YOUR INSTRUCTIONS —
Every line of the material must be copied exactly, from the first to the last.
*** DATA FOR THIS EXERCISE ***
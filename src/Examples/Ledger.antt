-- ===== src/Examples/Ledger.antt =====
-- The theorems on balance movements, at concrete events.
use allfeat_explorer.Common.{ℕ, refl, List, [], ◌∷◌, some, arith, In, inl, inr, Bytes}
use allfeat_explorer.Balances.Kinds.{MovementKind}
use allfeat_explorer.Balances.Events.{DecodedBalanceEvent}
use allfeat_explorer.Balances.Project.{
  BalanceMovementRow, loss, project, project_event, both_sides, single,
}
use allfeat_explorer.Balances.Shape.{amount_of}
use allfeat_explorer.Balances.Ledger.{mirror, project_mirrored}
use allfeat_explorer.Balances.Records.{Records}

abbrev alice : Bytes
alice = 1 ∷ []

abbrev bob : Bytes
bob = 2 ∷ []

abbrev events : List (ℕ × DecodedBalanceEvent)
events = (4, DecodedBalanceEvent.fee alice 7) ∷ (5, DecodedBalanceEvent.transfer alice bob 90) ∷ []

abbrev sent : BalanceMovementRow
sent = record {
  block_num = 12;
  event_idx = 5;
  account = alice;
  kind = MovementKind.transfer;
  delta = loss 90;
  counterparty = some bob;
}

sent_projected : In sent (project events 12)
unfolding project project_event both_sides single
sent_projected = inr (inl refl)

project_mirrored_example : In (mirror sent bob) (project events 12)
unfolding amount_of
project_mirrored_example =
    project_mirrored events 12 (omega arith, (omega arith, tt)) sent bob sent_projected refl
*** End of DATA FOR THIS EXERCISE ***
ANSWER TO THIS EXERCISE —
filename src/Examples/Ledger.antt
-- ===== src/Examples/Ledger.antt =====
-- The theorems on balance movements, at concrete events.
use allfeat_explorer.Common.{ℕ, refl, List, [], ◌∷◌, some, arith, In, inl, inr, Bytes}
use allfeat_explorer.Balances.Kinds.{MovementKind}
use allfeat_explorer.Balances.Events.{DecodedBalanceEvent}
use allfeat_explorer.Balances.Project.{
  BalanceMovementRow, loss, project, project_event, both_sides, single,
}
use allfeat_explorer.Balances.Shape.{amount_of}
use allfeat_explorer.Balances.Ledger.{mirror, project_mirrored}
use allfeat_explorer.Balances.Records.{Records}

abbrev alice : Bytes
alice = 1 ∷ []

abbrev bob : Bytes
bob = 2 ∷ []

abbrev events : List (ℕ × DecodedBalanceEvent)
events = (4, DecodedBalanceEvent.fee alice 7) ∷ (5, DecodedBalanceEvent.transfer alice bob 90) ∷ []

abbrev sent : BalanceMovementRow
sent = record {
  block_num = 12;
  event_idx = 5;
  account = alice;
  kind = MovementKind.transfer;
  delta = loss 90;
  counterparty = some bob;
}

sent_projected : In sent (project events 12)
unfolding project project_event both_sides single
sent_projected = inr (inl refl)

project_mirrored_example : In (mirror sent bob) (project events 12)
unfolding amount_of
project_mirrored_example =
    project_mirrored events 12 (omega arith, (omega arith, tt)) sent bob sent_projected refl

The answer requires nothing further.